§ **What you need to do**
Once you have read the entries, copy all of them exactly.

§ **Material provided**
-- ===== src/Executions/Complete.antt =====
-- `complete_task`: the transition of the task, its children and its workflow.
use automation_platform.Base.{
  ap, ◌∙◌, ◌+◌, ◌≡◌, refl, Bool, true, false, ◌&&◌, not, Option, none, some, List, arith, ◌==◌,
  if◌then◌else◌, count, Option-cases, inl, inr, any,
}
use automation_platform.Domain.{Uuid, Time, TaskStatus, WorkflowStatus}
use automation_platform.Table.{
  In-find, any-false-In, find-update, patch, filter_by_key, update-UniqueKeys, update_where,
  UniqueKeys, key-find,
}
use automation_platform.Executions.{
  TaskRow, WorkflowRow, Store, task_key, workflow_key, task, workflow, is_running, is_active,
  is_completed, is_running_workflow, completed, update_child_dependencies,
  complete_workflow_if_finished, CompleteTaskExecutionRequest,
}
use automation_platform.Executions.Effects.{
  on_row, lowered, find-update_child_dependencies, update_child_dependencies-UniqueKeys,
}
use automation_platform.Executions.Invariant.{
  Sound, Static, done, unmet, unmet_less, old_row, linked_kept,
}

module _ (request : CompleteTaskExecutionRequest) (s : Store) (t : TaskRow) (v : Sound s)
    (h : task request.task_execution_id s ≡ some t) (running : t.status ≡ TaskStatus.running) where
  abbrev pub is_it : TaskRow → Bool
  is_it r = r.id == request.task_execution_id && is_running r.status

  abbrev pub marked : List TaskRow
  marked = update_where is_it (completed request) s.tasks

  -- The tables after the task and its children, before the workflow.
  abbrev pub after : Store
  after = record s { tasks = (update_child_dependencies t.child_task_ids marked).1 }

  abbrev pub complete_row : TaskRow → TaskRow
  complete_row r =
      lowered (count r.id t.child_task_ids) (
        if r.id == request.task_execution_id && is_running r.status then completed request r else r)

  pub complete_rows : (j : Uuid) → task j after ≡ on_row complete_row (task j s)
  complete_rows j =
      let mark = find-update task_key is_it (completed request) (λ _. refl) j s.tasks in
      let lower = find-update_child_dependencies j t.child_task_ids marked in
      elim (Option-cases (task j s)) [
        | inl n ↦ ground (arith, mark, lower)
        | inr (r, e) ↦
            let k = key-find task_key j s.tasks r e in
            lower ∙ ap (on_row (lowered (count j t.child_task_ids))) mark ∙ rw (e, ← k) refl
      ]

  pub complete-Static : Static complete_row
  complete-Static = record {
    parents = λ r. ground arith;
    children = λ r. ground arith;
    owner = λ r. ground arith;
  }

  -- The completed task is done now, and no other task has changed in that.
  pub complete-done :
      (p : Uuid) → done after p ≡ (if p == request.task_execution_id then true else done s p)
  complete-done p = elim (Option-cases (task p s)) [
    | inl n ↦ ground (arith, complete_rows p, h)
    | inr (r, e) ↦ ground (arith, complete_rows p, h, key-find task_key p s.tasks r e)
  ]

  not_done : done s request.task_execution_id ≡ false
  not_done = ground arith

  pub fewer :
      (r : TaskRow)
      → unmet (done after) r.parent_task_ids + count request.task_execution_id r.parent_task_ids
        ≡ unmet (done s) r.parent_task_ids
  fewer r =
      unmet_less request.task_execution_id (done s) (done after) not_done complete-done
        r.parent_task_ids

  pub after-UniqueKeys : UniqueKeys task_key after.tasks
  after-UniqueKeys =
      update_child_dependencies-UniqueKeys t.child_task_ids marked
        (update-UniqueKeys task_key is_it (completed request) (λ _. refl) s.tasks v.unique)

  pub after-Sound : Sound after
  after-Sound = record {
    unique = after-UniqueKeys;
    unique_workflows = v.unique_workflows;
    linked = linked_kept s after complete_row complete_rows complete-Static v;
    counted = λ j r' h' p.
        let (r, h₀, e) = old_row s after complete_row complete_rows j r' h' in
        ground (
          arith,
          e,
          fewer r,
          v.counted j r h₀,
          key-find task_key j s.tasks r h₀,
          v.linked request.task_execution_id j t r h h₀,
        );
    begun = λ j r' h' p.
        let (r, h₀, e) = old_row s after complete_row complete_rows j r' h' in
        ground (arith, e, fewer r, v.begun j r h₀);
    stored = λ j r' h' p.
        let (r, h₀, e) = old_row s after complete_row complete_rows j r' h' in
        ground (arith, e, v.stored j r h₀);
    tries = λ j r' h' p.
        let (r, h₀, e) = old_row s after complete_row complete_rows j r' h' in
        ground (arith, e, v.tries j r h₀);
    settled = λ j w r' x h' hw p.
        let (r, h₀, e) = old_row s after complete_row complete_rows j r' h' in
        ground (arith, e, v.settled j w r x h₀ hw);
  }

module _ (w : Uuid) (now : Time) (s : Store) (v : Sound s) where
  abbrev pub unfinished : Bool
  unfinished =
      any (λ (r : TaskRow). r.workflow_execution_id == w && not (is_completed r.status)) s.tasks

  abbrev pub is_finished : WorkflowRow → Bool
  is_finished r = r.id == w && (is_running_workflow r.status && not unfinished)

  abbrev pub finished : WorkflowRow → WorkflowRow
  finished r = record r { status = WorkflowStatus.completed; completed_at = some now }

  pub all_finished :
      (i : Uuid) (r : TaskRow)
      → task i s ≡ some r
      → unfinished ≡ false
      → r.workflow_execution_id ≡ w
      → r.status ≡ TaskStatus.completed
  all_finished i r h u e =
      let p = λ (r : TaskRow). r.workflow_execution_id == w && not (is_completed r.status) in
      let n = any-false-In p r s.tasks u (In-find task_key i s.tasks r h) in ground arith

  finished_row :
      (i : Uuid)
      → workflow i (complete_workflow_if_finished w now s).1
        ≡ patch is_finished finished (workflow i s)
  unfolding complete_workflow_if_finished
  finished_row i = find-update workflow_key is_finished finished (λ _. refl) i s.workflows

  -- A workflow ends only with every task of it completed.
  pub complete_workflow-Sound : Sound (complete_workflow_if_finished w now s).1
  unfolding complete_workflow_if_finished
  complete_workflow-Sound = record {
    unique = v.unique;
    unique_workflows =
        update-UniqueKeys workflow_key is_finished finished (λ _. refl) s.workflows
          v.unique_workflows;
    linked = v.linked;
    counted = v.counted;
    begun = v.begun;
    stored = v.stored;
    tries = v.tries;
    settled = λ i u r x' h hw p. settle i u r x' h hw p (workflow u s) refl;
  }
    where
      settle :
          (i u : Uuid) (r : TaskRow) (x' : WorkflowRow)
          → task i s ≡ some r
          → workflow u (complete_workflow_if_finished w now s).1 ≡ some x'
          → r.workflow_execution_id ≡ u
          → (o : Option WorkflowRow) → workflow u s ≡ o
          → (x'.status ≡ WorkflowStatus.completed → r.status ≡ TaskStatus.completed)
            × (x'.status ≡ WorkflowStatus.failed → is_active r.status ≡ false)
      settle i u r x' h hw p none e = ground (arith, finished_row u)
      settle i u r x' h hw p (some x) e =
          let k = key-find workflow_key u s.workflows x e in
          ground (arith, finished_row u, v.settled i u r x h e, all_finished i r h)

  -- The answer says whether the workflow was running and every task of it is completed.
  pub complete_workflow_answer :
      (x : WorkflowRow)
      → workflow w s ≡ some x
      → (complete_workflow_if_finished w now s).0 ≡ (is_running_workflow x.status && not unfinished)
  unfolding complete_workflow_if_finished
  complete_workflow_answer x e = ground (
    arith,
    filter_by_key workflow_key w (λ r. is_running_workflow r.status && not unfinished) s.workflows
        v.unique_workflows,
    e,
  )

§ **Response to this exercise**
-- ===== src/Executions/Complete.antt =====
-- `complete_task`: the transition of the task, its children and its workflow.
use automation_platform.Base.{
  ap, ◌∙◌, ◌+◌, ◌≡◌, refl, Bool, true, false, ◌&&◌, not, Option, none, some, List, arith, ◌==◌,
  if◌then◌else◌, count, Option-cases, inl, inr, any,
}
use automation_platform.Domain.{Uuid, Time, TaskStatus, WorkflowStatus}
use automation_platform.Table.{
  In-find, any-false-In, find-update, patch, filter_by_key, update-UniqueKeys, update_where,
  UniqueKeys, key-find,
}
use automation_platform.Executions.{
  TaskRow, WorkflowRow, Store, task_key, workflow_key, task, workflow, is_running, is_active,
  is_completed, is_running_workflow, completed, update_child_dependencies,
  complete_workflow_if_finished, CompleteTaskExecutionRequest,
}
use automation_platform.Executions.Effects.{
  on_row, lowered, find-update_child_dependencies, update_child_dependencies-UniqueKeys,
}
use automation_platform.Executions.Invariant.{
  Sound, Static, done, unmet, unmet_less, old_row, linked_kept,
}

module _ (request : CompleteTaskExecutionRequest) (s : Store) (t : TaskRow) (v : Sound s)
    (h : task request.task_execution_id s ≡ some t) (running : t.status ≡ TaskStatus.running) where
  abbrev pub is_it : TaskRow → Bool
  is_it r = r.id == request.task_execution_id && is_running r.status

  abbrev pub marked : List TaskRow
  marked = update_where is_it (completed request) s.tasks

  -- The tables after the task and its children, before the workflow.
  abbrev pub after : Store
  after = record s { tasks = (update_child_dependencies t.child_task_ids marked).1 }

  abbrev pub complete_row : TaskRow → TaskRow
  complete_row r =
      lowered (count r.id t.child_task_ids) (
        if r.id == request.task_execution_id && is_running r.status then completed request r else r)

  pub complete_rows : (j : Uuid) → task j after ≡ on_row complete_row (task j s)
  complete_rows j =
      let mark = find-update task_key is_it (completed request) (λ _. refl) j s.tasks in
      let lower = find-update_child_dependencies j t.child_task_ids marked in
      elim (Option-cases (task j s)) [
        | inl n ↦ ground (arith, mark, lower)
        | inr (r, e) ↦
            let k = key-find task_key j s.tasks r e in
            lower ∙ ap (on_row (lowered (count j t.child_task_ids))) mark ∙ rw (e, ← k) refl
      ]

  pub complete-Static : Static complete_row
  complete-Static = record {
    parents = λ r. ground arith;
    children = λ r. ground arith;
    owner = λ r. ground arith;
  }

  -- The completed task is done now, and no other task has changed in that.
  pub complete-done :
      (p : Uuid) → done after p ≡ (if p == request.task_execution_id then true else done s p)
  complete-done p = elim (Option-cases (task p s)) [
    | inl n ↦ ground (arith, complete_rows p, h)
    | inr (r, e) ↦ ground (arith, complete_rows p, h, key-find task_key p s.tasks r e)
  ]

  not_done : done s request.task_execution_id ≡ false
  not_done = ground arith

  pub fewer :
      (r : TaskRow)
      → unmet (done after) r.parent_task_ids + count request.task_execution_id r.parent_task_ids
        ≡ unmet (done s) r.parent_task_ids
  fewer r =
      unmet_less request.task_execution_id (done s) (done after) not_done complete-done
        r.parent_task_ids

  pub after-UniqueKeys : UniqueKeys task_key after.tasks
  after-UniqueKeys =
      update_child_dependencies-UniqueKeys t.child_task_ids marked
        (update-UniqueKeys task_key is_it (completed request) (λ _. refl) s.tasks v.unique)

  pub after-Sound : Sound after
  after-Sound = record {
    unique = after-UniqueKeys;
    unique_workflows = v.unique_workflows;
    linked = linked_kept s after complete_row complete_rows complete-Static v;
    counted = λ j r' h' p.
        let (r, h₀, e) = old_row s after complete_row complete_rows j r' h' in
        ground (
          arith,
          e,
          fewer r,
          v.counted j r h₀,
          key-find task_key j s.tasks r h₀,
          v.linked request.task_execution_id j t r h h₀,
        );
    begun = λ j r' h' p.
        let (r, h₀, e) = old_row s after complete_row complete_rows j r' h' in
        ground (arith, e, fewer r, v.begun j r h₀);
    stored = λ j r' h' p.
        let (r, h₀, e) = old_row s after complete_row complete_rows j r' h' in
        ground (arith, e, v.stored j r h₀);
    tries = λ j r' h' p.
        let (r, h₀, e) = old_row s after complete_row complete_rows j r' h' in
        ground (arith, e, v.tries j r h₀);
    settled = λ j w r' x h' hw p.
        let (r, h₀, e) = old_row s after complete_row complete_rows j r' h' in
        ground (arith, e, v.settled j w r x h₀ hw);
  }

module _ (w : Uuid) (now : Time) (s : Store) (v : Sound s) where
  abbrev pub unfinished : Bool
  unfinished =
      any (λ (r : TaskRow). r.workflow_execution_id == w && not (is_completed r.status)) s.tasks

  abbrev pub is_finished : WorkflowRow → Bool
  is_finished r = r.id == w && (is_running_workflow r.status && not unfinished)

  abbrev pub finished : WorkflowRow → WorkflowRow
  finished r = record r { status = WorkflowStatus.completed; completed_at = some now }

  pub all_finished :
      (i : Uuid) (r : TaskRow)
      → task i s ≡ some r
      → unfinished ≡ false
      → r.workflow_execution_id ≡ w
      → r.status ≡ TaskStatus.completed
  all_finished i r h u e =
      let p = λ (r : TaskRow). r.workflow_execution_id == w && not (is_completed r.status) in
      let n = any-false-In p r s.tasks u (In-find task_key i s.tasks r h) in ground arith

  finished_row :
      (i : Uuid)
      → workflow i (complete_workflow_if_finished w now s).1
        ≡ patch is_finished finished (workflow i s)
  unfolding complete_workflow_if_finished
  finished_row i = find-update workflow_key is_finished finished (λ _. refl) i s.workflows

  -- A workflow ends only with every task of it completed.
  pub complete_workflow-Sound : Sound (complete_workflow_if_finished w now s).1
  unfolding complete_workflow_if_finished
  complete_workflow-Sound = record {
    unique = v.unique;
    unique_workflows =
        update-UniqueKeys workflow_key is_finished finished (λ _. refl) s.workflows
          v.unique_workflows;
    linked = v.linked;
    counted = v.counted;
    begun = v.begun;
    stored = v.stored;
    tries = v.tries;
    settled = λ i u r x' h hw p. settle i u r x' h hw p (workflow u s) refl;
  }
    where
      settle :
          (i u : Uuid) (r : TaskRow) (x' : WorkflowRow)
          → task i s ≡ some r
          → workflow u (complete_workflow_if_finished w now s).1 ≡ some x'
          → r.workflow_execution_id ≡ u
          → (o : Option WorkflowRow) → workflow u s ≡ o
          → (x'.status ≡ WorkflowStatus.completed → r.status ≡ TaskStatus.completed)
            × (x'.status ≡ WorkflowStatus.failed → is_active r.status ≡ false)
      settle i u r x' h hw p none e = ground (arith, finished_row u)
      settle i u r x' h hw p (some x) e =
          let k = key-find workflow_key u s.workflows x e in
          ground (arith, finished_row u, v.settled i u r x h e, all_finished i r h)

  -- The answer says whether the workflow was running and every task of it is completed.
  pub complete_workflow_answer :
      (x : WorkflowRow)
      → workflow w s ≡ some x
      → (complete_workflow_if_finished w now s).0 ≡ (is_running_workflow x.status && not unfinished)
  unfolding complete_workflow_if_finished
  complete_workflow_answer x e = ground (
    arith,
    filter_by_key workflow_key w (λ r. is_running_workflow r.status && not unfinished) s.workflows
        v.unique_workflows,
    e,
  )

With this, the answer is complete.